(Records from a data collection)
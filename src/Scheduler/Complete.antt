-- ===== src/Scheduler/Complete.antt =====
-- internal/scheduler/scheduler.go: the end of a run: the lease check, `finish`, and the renewal of a
-- lease.
pub mod Retries
pub mod Cases
use job_raft.Base.{
  true, ◌≡◌, arith, eq_iff, ℕ, String, Bool, false, ◌&&◌, Option, none, some, List, [], pos, ltb,
  ltb_ℤ, inc_int, if◌then◌else◌, ◌==◌,
}
use job_raft.Task.{
  Status, pending, running, success, retrying, status_eq, status_eq→eq, Task, Err, invalid_lease,
  add_time,
}
use job_raft.Store.{Result, ok, err, Store, Write}
use job_raft.Scheduler.{Scheduler, unreserve, write_if_state, add_one}

-- A lease that is not over yet.
abbrev pub lease_live : ℕ → Option ℕ → Bool
lease_live now none = false
lease_live now (some until) = ltb now until

unfoldable pub valid_lease : Task → String → String → ℕ → Bool
valid_lease t worker_id token now =
    status_eq t.status running
    && (t.worker_id == worker_id && (t.lease_token == token && lease_live now t.lease_until))

pub valid_lease_lem :
    (t : Task) (worker_id token : String) (now : ℕ)
    → valid_lease t worker_id token now ≡ true
    → (t.status ≡ running)
      × (t.worker_id ≡ worker_id)
      × (t.lease_token ≡ token)
      × (lease_live now t.lease_until ≡ true)
unfolding valid_lease
valid_lease_lem t worker_id token now h = (
  status_eq→eq t.status running (ground arith),
  (eq_iff _ _).0 (ground arith),
  (eq_iff _ _).0 (ground arith),
  ground arith,
)

-- The metric that a finished run counts for.
pub data Outcome : Type 0 where
  succeeded retried failed : Outcome

-- What every branch of `finish` does first.
unfoldable pub released : ℕ → Task → Task
released now t = record t {
  run_count = inc_int t.run_count;
  finished_at = some now;
  lease_until = none;
  worker_id = "";
  lease_token = "";
}

-- The task after a run that ended with an error, or with none.
unfoldable pub finished : ℕ → Task → Option String → Task × Outcome
finished now t none =
    let u = record (released now t) { last_error = "" } in
    if ltb_ℤ (pos 0) t.schedule
    then (
      record u {
        status = pending;
        run_at = add_time now t.schedule;
        finished_at = none;
        attempts = pos 0;
        started_at = none;
      },
      Outcome.succeeded,
    )
    else (record u { status = success }, Outcome.succeeded)
finished now t (some message) =
    let u = record (released now t) { last_error = message } in
    if ltb_ℤ t.attempts t.retry.max_attempts
    then (
      record u { status = retrying; run_at = add_time now t.retry.backoff; finished_at = none },
      Outcome.retried,
    )
    else (record u { status = Status.failed }, Outcome.failed)

unfoldable pub count_outcome : {S : Type 0} → Outcome → Scheduler S → Scheduler S
count_outcome succeeded s = record s { succeeded = add_one s.succeeded }
count_outcome retried s = record s { retried = add_one s.retried }
count_outcome failed s = record s { failed = add_one s.failed }

-- `errors.New(failure)`, or nil for no text.
unfoldable pub run_error : String → Option String
run_error failure = if failure == "" then none else some failure

-- The record that a renewal writes.
unfoldable pub renewed_task : ℕ → Task → Task
renewed_task until t = record t { lease_until = some until }

module _ {S : Type 0} (api : Store S) where
  unfoldable pub finish : ℕ → Task → Option String → Scheduler S → Option Err × Scheduler S
  finish now current run_err s =
      let (t, outcome) = finished now current run_err in
      let r = write_if_state api current.id running current.lease_token t s.store in
      elim r.0 [
        | some e ↦ (some e, record s { store = r.1 })
        | none ↦ (none, count_outcome outcome (record s { store = r.1 }))
      ]

  abbrev after_finish : String → Option Err × Scheduler S → Option Err × Scheduler S
  after_finish id (some e, s) = (some e, s)
  after_finish id (none, s) = (none, unreserve id s)

  -- `CompleteTaskWithResult`, with the readings of the lease check and of `finish`.
  unfoldable pub complete_task_with_result :
      ℕ → ℕ → String → String → String → String → List ℕ → Scheduler S → Option Err × Scheduler S
  complete_task_with_result now now_finish worker_id id token failure result s =
      elim (api.get id s.store) [
        | err e ↦ (some e, s)
        | ok t ↦
            if valid_lease t worker_id token now
            then after_finish id (
                finish now_finish (if failure == "" then record t { result = result } else t)
                  (run_error failure) s)
            else (some invalid_lease, s)
      ]

  unfoldable pub complete_task :
      ℕ → ℕ → String → String → String → String → Scheduler S → Option Err × Scheduler S
  complete_task now now_finish worker_id id token failure s =
      complete_task_with_result now now_finish worker_id id token failure [] s

  -- The write that renews a lease: conditional on the token where the store can do it.
  unfoldable pub write_if_lease : String → String → Task → Write S
  write_if_lease id token t st = elim api.conditional_updater [
    | some updater ↦ updater.update_if_lease id token t st
    | none ↦ api.update t st
  ]

  -- `RenewTaskLease`, with the readings of the lease check and of the new deadline.
  unfoldable pub renew_task_lease :
      ℕ → ℕ → String → String → String → Scheduler S → Result Task × Scheduler S
  renew_task_lease now now_until worker_id id token s = elim (api.get id s.store) [
    | err e ↦ (err e, s)
    | ok t ↦
        if valid_lease t worker_id token now
        then (let t' = renewed_task (add_time now_until s.lease_ttl) t in
            let r = write_if_lease t.id token t' s.store in
            elim r.0 [
              | some e ↦ (err e, record s { store = r.1 })
              | none ↦ (ok t', record s { store = r.1 })
            ])
        else (err invalid_lease, s)
  ]
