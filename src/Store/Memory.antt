-- ===== src/Store/Memory.antt =====
-- internal/store/store.go: MemoryStore. The mutex makes each method one atomic step, and `clone`,
-- which keeps a caller from sharing a slice with the store, is the identity on values.
pub mod Contract
use job_raft.Base.{
  ℕ, String, ◌&&◌, ◌||◌, not, Option, none, some, List, [], ◌∷◌, ℤ, ltb, if◌then◌else◌, ◌==◌,
  count_if, Assoc, lookup, insert, erase, values, is_some,
}
use job_raft.Task.{
  Status, running, status_eq, Task, validate, not_found, conflict, duplicate_id,
  duplicate_idempotency_key, worker_id_required, worker_not_registered, add_time,
}
use job_raft.Store.{Result, ok, err, Worker, Store, is_in_flight, Write}

pub record MemoryStore : Type 0 where
  pub tasks : Assoc Task
  pub workers : Assoc Worker

unfoldable pub new_memory : MemoryStore
new_memory = record { tasks = []; workers = [] }

-- The first task in the map's order that carries the key.
unfoldable pub find_key : String → Assoc Task → Option Task
find_key key [] = none
find_key key ((_, t) ∷ m) = if t.idempotency_key == key then some t else find_key key m

unfoldable pub create : Task → Write MemoryStore
create t s = elim (validate t) [
  | some e ↦ (some e, s)
  | none ↦
      if not (t.idempotency_key == "") && is_some (find_key t.idempotency_key s.tasks)
      then (some duplicate_idempotency_key, s)
      else if is_some (lookup t.id s.tasks)
      then (some duplicate_id, s)
      else (none, record s { tasks = insert t.id t s.tasks })
]

unfoldable pub get_by_idempotency_key : String → MemoryStore → Result Task
get_by_idempotency_key key s = elim (find_key key s.tasks) [ none ↦ err not_found | some t ↦ ok t ]

unfoldable pub get : String → MemoryStore → Result Task
get id s = elim (lookup id s.tasks) [ none ↦ err not_found | some t ↦ ok t ]

unfoldable pub list : MemoryStore → Result (List Task)
list s = ok (values s.tasks)

unfoldable pub count_in_flight : MemoryStore → Result ℕ
count_in_flight s = ok (count_if (λ t. is_in_flight t.status) (values s.tasks))

unfoldable pub update : Task → Write MemoryStore
update t s = elim (validate t) [
  | some e ↦ (some e, s)
  | none ↦
      if is_some (lookup t.id s.tasks)
      then (none, record s { tasks = insert t.id t s.tasks })
      else (some not_found, s)
]

unfoldable pub delete : String → Write MemoryStore
delete id s =
    if is_some (lookup id s.tasks)
    then (none, record s { tasks = erase id s.tasks })
    else (some not_found, s)

unfoldable pub update_if_lease : String → String → Task → Write MemoryStore
update_if_lease id token t s = elim (validate t) [
  | some e ↦ (some e, s)
  | none ↦ elim (lookup id s.tasks) [
    | none ↦ (some not_found, s)
    | some current ↦
        if not (status_eq current.status running) || not (current.lease_token == token)
        then (some conflict, s)
        else (none, record s { tasks = insert id t s.tasks })
  ]
]

unfoldable pub update_if_state : String → Status → String → Task → Write MemoryStore
update_if_state id status token t s = elim (validate t) [
  | some e ↦ (some e, s)
  | none ↦ elim (lookup id s.tasks) [
    | none ↦ (some not_found, s)
    | some current ↦
        if not (status_eq current.status status) || not (current.lease_token == token)
        then (some conflict, s)
        else (none, record s { tasks = insert id t s.tasks })
  ]
]

unfoldable pub register_worker : ℕ → String → ℤ → MemoryStore → Result Worker × MemoryStore
register_worker now id ttl s =
    if id == ""
    then (err worker_id_required, s)
    else let w : Worker = record {
      id = id;
      last_heartbeat = now;
      lease_until = add_time now ttl;
    } in
      (ok w, record s { workers = insert id w s.workers })

unfoldable pub heartbeat_worker : ℕ → String → ℤ → MemoryStore → Result Worker × MemoryStore
heartbeat_worker now id ttl s =
    if is_some (lookup id s.workers)
    then (let w : Worker = record {
      id = id;
      last_heartbeat = now;
      lease_until = add_time now ttl;
    } in
        (ok w, record s { workers = insert id w s.workers }))
    else (err worker_not_registered, s)

unfoldable pub get_worker : String → MemoryStore → Result Worker
get_worker id s = elim (lookup id s.workers) [ none ↦ err not_found | some w ↦ ok w ]

unfoldable pub live_workers : ℕ → List Worker → List Worker
live_workers now [] = []
live_workers now (w ∷ ws) =
    let rest = live_workers now ws in if ltb now w.lease_until then w ∷ rest else rest

unfoldable pub list_workers : ℕ → MemoryStore → Result (List Worker)
list_workers now s = ok (live_workers now (values s.workers))

unfoldable pub renew_lease : String → ℕ → Task → Task
renew_lease worker_id until t =
    if status_eq t.status running && t.worker_id == worker_id
    then record t { lease_until = some until }
    else t

unfoldable pub renew_leases : String → ℕ → Assoc Task → Assoc Task
renew_leases worker_id until [] = []
renew_leases worker_id until ((id, t) ∷ m) =
    (id, renew_lease worker_id until t) ∷ renew_leases worker_id until m

unfoldable pub renew_worker_task_leases : String → ℕ → Write MemoryStore
renew_worker_task_leases worker_id until s =
    (none, record s { tasks = renew_leases worker_id until s.tasks })

-- MemoryStore behind the interface: it has no atomic claim and no scanner.
abbrev pub memory : Store MemoryStore
memory = record {
  create = create;
  get = get;
  list = list;
  update = update;
  delete = delete;
  conditional_updater =
      some (record { update_if_lease = update_if_lease; update_if_state = update_if_state });
  atomic_claimer = none;
  in_flight_counter = some (record { count_in_flight = count_in_flight });
  task_scanner = none;
  worker_registry = some (record {
    register_worker = register_worker;
    heartbeat_worker = heartbeat_worker;
    get_worker = get_worker;
    list_workers = list_workers;
    renew_worker_task_leases = renew_worker_task_leases;
  });
  key_finder = some (record { get_by_idempotency_key = get_by_idempotency_key });
}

TASK OBJECTIVE: Return the total number of lines in the records that contain "where", without any explanation.

SOLUTION: 4